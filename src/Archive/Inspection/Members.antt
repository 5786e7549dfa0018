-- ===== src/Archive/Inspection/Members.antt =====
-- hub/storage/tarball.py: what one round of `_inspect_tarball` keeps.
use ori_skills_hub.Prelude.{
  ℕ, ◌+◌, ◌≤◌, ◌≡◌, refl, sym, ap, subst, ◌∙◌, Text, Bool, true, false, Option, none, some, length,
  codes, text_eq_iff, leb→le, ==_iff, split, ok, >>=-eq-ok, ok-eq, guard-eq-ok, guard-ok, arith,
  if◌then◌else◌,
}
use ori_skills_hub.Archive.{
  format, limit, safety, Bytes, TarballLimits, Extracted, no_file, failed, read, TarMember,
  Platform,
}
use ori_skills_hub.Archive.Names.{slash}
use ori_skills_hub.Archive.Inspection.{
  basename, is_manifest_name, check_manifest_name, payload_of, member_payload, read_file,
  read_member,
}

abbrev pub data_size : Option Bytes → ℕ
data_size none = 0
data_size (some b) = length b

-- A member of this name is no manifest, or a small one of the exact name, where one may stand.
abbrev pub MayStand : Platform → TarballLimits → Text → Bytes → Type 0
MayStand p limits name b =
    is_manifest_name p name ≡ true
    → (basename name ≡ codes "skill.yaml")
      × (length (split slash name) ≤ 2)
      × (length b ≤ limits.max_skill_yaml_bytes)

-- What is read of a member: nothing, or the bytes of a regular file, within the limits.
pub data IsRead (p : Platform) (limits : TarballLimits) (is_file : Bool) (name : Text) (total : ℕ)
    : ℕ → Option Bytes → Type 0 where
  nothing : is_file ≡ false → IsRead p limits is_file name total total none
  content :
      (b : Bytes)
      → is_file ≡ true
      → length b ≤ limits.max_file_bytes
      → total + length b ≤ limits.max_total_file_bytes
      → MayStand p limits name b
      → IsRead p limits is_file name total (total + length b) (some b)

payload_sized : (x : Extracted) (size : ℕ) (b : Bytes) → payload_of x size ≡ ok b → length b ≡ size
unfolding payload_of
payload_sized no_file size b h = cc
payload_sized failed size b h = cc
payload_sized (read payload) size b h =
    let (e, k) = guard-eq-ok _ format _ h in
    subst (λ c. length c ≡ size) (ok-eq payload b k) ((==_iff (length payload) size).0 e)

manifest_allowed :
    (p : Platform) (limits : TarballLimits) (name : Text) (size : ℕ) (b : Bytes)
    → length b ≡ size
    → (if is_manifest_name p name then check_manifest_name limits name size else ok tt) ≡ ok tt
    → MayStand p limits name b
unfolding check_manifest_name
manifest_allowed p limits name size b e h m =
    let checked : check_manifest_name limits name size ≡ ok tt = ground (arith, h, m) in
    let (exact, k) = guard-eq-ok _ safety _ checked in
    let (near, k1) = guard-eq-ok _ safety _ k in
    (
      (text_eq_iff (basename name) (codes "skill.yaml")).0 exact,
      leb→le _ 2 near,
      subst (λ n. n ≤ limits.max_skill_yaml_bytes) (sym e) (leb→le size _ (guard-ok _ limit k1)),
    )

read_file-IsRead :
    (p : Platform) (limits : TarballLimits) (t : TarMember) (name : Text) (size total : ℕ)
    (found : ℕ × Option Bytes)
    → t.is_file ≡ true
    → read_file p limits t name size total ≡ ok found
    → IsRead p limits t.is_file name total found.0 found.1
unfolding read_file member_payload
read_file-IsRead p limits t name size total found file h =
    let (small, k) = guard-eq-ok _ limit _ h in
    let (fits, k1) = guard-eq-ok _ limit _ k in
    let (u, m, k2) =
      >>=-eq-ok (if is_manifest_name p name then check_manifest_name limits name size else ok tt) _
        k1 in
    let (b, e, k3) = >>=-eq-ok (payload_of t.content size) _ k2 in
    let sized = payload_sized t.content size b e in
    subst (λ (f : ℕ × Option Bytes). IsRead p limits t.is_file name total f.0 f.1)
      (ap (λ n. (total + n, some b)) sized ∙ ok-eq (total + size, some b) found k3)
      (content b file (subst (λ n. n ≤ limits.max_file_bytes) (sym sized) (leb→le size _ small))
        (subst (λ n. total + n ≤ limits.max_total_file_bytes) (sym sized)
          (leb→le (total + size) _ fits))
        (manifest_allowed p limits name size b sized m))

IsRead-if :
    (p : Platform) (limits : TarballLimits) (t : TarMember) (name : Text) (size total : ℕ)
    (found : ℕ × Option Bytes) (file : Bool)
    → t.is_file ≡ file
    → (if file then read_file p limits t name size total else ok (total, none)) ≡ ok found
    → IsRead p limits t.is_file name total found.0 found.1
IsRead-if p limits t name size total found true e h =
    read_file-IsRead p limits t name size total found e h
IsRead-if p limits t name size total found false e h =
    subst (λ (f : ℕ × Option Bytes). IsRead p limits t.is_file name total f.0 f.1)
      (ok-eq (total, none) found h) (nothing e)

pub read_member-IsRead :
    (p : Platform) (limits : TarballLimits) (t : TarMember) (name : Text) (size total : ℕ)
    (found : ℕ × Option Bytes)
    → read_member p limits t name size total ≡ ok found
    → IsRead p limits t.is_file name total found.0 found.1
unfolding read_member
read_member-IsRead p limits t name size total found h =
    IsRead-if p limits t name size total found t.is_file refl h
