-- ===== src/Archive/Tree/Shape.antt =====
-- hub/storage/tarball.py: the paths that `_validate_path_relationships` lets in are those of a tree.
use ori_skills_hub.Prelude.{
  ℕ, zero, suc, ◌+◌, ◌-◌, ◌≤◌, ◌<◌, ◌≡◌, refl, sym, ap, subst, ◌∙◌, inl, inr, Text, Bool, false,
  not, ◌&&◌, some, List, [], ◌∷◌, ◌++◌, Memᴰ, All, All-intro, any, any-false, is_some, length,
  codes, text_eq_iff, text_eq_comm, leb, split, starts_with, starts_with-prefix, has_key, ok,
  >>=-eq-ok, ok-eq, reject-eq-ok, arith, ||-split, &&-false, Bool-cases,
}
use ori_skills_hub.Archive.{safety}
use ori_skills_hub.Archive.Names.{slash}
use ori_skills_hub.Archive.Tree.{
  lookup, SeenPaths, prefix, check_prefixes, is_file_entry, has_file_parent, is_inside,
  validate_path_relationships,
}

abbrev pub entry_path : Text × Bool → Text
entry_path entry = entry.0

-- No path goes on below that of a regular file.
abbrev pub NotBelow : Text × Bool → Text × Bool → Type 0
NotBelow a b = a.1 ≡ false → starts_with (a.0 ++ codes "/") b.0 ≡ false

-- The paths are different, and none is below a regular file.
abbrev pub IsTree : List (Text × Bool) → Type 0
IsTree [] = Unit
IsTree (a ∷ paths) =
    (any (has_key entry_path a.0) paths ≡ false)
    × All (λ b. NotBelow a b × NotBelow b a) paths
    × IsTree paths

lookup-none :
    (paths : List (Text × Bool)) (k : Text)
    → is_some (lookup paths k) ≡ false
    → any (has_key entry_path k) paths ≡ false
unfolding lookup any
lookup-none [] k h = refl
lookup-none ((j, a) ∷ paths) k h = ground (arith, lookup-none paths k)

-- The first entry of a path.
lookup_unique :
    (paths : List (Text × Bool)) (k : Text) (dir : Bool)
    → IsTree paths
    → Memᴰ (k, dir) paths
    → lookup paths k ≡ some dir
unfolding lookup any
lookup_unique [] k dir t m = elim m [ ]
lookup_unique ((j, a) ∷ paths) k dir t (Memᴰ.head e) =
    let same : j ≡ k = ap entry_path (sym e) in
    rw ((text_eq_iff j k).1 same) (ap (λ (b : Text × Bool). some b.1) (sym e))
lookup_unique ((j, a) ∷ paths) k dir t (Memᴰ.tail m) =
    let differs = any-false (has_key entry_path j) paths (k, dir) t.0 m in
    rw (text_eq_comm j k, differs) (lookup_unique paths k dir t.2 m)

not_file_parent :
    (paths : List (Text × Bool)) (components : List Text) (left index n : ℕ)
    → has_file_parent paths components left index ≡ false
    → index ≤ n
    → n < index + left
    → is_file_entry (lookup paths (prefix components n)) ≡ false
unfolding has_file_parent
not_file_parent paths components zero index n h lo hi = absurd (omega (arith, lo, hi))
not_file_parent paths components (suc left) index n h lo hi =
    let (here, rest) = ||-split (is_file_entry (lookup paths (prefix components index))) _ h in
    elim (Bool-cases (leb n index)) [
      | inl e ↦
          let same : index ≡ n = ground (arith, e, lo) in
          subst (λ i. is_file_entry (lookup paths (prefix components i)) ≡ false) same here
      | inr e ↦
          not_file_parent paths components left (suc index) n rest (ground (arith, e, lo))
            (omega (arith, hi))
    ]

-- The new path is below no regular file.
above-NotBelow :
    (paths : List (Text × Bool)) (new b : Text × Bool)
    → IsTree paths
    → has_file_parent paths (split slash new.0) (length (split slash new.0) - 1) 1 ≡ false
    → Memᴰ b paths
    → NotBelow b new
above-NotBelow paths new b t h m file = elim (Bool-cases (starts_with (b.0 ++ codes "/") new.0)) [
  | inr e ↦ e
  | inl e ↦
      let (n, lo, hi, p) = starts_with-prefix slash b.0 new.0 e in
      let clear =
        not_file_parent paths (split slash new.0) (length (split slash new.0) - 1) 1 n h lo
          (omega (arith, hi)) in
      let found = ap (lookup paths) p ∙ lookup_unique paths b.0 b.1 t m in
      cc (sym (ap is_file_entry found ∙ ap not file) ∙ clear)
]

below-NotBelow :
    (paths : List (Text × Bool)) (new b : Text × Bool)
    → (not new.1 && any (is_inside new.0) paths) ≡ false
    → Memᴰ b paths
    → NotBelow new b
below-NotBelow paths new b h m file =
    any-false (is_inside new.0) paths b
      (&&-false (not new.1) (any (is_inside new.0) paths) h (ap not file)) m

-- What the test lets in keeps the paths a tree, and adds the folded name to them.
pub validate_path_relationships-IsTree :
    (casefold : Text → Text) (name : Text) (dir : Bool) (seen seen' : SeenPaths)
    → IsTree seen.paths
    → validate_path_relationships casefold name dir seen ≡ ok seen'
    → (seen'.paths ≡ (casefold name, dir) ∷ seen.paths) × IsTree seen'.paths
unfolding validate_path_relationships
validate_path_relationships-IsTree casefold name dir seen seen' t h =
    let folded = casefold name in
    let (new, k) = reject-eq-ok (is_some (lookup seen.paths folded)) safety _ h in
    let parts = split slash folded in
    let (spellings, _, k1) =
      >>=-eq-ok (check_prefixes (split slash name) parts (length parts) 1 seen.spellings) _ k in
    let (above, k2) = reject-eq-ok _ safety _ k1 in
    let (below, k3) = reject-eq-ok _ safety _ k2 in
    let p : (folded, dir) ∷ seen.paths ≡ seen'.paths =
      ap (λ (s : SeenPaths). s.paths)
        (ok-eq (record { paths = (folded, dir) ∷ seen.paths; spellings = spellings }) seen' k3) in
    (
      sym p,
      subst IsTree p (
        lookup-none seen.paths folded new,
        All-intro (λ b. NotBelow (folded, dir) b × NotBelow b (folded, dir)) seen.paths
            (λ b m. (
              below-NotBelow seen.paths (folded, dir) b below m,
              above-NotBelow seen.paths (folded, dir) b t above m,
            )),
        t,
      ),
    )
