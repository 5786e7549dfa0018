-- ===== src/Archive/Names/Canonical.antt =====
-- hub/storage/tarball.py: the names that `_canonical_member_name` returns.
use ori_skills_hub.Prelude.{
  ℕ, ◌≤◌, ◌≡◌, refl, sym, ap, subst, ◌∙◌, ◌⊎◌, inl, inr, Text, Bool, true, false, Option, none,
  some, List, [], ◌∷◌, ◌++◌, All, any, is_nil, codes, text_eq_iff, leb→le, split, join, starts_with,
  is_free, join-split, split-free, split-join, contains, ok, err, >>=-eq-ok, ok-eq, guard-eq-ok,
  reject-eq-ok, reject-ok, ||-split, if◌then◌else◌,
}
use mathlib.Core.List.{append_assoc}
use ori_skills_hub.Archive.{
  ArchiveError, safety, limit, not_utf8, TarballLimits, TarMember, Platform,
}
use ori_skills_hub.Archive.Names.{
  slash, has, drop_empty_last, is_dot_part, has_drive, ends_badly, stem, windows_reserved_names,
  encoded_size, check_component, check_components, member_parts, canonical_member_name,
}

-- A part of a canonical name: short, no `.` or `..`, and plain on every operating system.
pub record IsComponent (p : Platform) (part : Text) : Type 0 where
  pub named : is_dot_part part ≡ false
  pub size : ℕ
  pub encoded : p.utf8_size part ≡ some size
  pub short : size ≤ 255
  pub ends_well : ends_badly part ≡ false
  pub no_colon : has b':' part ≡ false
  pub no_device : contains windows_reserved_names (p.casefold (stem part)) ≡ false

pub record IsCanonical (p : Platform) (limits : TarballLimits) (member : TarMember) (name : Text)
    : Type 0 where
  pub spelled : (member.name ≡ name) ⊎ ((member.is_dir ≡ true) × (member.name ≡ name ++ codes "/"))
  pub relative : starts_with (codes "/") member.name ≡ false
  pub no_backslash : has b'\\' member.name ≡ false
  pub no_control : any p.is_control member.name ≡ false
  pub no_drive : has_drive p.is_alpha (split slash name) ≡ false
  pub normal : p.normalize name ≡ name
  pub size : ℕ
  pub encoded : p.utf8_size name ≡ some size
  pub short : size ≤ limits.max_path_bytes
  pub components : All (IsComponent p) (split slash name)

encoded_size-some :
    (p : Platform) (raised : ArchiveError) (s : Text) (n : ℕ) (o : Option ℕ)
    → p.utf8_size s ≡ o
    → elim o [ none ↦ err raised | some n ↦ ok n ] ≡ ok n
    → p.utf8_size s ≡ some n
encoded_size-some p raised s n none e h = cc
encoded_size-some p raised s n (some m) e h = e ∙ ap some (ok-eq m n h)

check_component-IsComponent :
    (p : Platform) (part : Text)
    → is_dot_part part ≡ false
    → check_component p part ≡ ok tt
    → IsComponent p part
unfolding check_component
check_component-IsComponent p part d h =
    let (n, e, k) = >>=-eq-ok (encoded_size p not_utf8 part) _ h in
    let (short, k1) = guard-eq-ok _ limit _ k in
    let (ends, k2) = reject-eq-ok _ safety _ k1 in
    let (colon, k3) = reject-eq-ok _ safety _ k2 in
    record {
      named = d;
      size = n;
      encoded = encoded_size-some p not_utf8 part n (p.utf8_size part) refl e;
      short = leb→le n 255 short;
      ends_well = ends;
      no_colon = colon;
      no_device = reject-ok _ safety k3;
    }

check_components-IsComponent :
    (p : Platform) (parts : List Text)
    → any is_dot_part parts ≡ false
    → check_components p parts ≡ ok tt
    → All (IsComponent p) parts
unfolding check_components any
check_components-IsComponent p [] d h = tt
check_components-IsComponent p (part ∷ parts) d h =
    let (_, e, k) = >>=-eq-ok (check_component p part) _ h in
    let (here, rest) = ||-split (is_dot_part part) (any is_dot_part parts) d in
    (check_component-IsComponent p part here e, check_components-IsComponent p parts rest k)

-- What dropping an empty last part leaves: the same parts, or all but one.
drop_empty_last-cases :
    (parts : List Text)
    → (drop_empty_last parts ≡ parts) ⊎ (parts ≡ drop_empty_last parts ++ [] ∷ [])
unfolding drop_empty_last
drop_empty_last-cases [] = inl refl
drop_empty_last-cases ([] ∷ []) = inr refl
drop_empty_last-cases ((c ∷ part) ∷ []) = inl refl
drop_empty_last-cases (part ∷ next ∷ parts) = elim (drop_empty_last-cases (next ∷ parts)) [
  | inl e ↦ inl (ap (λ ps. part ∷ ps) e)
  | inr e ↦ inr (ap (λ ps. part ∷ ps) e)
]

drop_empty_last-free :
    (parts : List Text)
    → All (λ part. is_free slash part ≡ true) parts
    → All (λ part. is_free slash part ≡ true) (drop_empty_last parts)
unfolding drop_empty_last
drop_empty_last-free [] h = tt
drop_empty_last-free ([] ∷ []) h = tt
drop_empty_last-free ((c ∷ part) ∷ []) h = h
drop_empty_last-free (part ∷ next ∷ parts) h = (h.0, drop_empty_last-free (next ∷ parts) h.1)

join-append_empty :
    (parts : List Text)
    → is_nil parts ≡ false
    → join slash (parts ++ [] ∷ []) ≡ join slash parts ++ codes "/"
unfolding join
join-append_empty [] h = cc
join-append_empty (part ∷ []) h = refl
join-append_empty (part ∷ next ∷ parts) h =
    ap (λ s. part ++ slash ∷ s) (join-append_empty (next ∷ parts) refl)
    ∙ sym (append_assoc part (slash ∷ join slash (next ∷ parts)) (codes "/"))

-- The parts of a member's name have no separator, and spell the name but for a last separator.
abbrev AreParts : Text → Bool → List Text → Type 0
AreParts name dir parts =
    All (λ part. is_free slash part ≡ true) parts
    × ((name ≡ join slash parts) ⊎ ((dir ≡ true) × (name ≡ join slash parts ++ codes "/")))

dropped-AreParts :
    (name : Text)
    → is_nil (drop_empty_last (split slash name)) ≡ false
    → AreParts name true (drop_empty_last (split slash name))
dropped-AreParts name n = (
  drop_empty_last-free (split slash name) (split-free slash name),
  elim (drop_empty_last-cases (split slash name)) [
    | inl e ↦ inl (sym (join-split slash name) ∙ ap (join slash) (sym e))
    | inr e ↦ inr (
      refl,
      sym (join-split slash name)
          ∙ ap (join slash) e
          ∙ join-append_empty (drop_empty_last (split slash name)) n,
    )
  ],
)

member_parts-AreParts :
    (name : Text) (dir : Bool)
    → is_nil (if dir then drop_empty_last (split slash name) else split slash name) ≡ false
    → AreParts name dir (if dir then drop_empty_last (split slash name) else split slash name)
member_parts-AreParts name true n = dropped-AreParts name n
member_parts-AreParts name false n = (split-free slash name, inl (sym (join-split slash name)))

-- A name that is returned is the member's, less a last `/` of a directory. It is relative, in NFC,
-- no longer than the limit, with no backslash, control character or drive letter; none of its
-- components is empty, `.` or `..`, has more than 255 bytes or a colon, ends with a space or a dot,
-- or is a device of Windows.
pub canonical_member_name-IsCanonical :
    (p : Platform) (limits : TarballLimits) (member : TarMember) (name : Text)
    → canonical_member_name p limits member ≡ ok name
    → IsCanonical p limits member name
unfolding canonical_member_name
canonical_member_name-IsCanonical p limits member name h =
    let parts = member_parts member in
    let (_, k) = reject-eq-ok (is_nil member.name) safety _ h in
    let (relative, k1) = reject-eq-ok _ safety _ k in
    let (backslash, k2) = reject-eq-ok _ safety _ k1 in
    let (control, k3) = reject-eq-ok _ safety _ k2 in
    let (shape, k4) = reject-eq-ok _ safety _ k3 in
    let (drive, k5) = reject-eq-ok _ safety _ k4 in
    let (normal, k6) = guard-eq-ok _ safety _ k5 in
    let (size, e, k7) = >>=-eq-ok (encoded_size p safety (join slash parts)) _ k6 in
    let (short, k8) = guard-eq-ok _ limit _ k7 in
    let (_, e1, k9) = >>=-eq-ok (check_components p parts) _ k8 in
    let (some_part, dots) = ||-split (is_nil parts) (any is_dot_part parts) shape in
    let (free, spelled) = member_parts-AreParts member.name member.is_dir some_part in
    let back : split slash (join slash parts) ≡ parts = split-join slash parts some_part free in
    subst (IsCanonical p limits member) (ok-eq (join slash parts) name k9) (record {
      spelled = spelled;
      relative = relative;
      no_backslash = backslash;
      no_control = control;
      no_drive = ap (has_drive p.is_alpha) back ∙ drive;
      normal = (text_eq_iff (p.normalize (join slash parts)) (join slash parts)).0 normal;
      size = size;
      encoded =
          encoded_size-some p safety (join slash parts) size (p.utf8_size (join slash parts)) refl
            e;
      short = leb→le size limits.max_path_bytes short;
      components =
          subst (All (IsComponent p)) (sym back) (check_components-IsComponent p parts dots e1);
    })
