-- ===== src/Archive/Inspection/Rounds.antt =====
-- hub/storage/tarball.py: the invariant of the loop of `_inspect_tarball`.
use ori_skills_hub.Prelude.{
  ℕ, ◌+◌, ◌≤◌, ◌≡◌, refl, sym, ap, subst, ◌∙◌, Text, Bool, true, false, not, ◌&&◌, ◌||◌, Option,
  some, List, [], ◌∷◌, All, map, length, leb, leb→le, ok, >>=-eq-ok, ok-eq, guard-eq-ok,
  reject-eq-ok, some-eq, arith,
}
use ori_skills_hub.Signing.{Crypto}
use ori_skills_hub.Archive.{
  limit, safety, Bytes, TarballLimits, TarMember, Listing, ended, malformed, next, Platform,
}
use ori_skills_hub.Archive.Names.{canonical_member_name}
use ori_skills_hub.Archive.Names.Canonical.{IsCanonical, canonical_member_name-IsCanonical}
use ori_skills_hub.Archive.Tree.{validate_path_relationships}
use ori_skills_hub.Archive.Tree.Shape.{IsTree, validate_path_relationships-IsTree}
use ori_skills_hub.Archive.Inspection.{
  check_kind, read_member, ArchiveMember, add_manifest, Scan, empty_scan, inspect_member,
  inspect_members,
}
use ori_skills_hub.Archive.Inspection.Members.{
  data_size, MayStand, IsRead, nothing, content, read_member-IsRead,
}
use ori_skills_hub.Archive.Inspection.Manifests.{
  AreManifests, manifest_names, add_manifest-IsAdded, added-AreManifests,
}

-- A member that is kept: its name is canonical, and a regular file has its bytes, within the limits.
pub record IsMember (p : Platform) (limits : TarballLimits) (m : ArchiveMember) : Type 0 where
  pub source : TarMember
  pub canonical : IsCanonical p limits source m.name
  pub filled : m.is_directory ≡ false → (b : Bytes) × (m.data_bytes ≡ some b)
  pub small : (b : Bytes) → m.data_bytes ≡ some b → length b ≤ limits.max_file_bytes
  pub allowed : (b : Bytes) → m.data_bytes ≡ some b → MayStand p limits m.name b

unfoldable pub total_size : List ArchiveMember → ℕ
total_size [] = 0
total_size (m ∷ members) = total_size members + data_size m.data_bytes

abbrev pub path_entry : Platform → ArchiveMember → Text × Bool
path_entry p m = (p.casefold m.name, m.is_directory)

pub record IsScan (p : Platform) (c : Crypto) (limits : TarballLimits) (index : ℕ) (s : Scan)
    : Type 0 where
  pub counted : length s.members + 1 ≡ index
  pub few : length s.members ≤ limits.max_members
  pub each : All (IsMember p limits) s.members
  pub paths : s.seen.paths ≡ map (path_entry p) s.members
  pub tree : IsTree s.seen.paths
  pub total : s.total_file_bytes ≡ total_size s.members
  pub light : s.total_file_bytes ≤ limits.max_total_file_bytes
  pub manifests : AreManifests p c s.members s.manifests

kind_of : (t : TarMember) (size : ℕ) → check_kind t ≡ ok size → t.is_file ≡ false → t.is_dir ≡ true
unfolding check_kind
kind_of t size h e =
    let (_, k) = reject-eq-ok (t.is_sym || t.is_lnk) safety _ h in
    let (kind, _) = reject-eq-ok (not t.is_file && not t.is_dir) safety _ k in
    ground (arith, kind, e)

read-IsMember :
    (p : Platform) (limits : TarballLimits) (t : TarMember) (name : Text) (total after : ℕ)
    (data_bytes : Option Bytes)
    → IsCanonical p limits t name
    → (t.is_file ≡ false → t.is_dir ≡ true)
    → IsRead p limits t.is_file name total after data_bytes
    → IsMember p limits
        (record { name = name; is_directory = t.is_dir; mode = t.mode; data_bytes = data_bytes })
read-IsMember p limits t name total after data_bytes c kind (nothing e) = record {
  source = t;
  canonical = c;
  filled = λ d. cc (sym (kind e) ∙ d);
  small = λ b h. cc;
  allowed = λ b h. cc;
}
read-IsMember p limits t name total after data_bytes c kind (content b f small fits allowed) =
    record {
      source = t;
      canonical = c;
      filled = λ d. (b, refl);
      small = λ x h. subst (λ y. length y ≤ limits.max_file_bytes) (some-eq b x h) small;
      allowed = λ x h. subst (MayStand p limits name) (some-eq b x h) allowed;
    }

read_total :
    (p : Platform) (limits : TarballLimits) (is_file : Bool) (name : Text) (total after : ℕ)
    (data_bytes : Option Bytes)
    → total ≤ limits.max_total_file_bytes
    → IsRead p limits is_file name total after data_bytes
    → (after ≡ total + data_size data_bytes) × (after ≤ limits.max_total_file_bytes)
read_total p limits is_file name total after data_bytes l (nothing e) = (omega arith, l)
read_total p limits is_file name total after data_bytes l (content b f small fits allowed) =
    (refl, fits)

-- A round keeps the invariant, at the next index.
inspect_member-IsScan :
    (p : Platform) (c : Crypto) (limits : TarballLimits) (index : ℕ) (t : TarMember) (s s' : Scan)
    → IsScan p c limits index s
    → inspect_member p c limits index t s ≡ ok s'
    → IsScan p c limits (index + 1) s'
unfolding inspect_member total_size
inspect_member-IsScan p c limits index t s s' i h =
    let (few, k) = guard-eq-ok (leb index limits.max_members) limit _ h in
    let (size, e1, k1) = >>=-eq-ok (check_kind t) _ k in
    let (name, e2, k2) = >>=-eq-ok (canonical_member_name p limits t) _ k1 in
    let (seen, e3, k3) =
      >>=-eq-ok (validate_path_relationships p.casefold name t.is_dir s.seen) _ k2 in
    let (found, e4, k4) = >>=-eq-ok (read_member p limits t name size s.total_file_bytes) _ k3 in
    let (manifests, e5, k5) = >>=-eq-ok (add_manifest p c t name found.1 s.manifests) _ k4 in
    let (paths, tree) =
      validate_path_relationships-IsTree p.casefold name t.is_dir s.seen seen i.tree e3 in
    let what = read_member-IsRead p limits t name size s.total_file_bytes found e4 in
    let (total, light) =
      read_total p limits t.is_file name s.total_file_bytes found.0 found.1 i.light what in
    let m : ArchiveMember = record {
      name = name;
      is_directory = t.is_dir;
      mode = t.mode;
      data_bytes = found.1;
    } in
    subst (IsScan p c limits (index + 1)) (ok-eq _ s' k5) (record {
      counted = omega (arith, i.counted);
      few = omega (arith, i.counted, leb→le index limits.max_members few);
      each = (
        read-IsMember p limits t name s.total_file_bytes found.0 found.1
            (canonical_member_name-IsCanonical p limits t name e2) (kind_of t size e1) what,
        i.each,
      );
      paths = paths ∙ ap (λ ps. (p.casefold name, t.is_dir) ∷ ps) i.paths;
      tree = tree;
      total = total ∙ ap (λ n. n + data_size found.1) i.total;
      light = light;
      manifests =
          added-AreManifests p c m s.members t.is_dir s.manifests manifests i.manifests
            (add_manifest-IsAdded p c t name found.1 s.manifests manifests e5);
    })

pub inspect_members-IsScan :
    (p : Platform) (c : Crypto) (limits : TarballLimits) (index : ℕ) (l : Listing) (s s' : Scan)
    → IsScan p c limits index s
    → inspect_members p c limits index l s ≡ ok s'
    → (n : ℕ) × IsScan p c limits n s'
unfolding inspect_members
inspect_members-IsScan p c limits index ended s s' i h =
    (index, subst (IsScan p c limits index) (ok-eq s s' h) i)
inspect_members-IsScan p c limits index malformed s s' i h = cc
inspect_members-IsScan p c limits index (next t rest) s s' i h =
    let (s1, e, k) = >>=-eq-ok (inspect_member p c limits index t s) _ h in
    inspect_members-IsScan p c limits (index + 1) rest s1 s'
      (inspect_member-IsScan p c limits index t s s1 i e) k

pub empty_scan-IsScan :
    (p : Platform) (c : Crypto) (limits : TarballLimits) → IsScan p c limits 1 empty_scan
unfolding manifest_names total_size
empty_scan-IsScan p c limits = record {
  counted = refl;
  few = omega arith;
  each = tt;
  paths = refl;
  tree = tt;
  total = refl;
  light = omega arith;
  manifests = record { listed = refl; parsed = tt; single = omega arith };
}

━━━━

**What to work on**
Filter the records for lines containing the word "dropped" and copy each one.

**Your response**
dropped-AreParts :
dropped-AreParts name n = (
member_parts-AreParts name true n = dropped-AreParts name n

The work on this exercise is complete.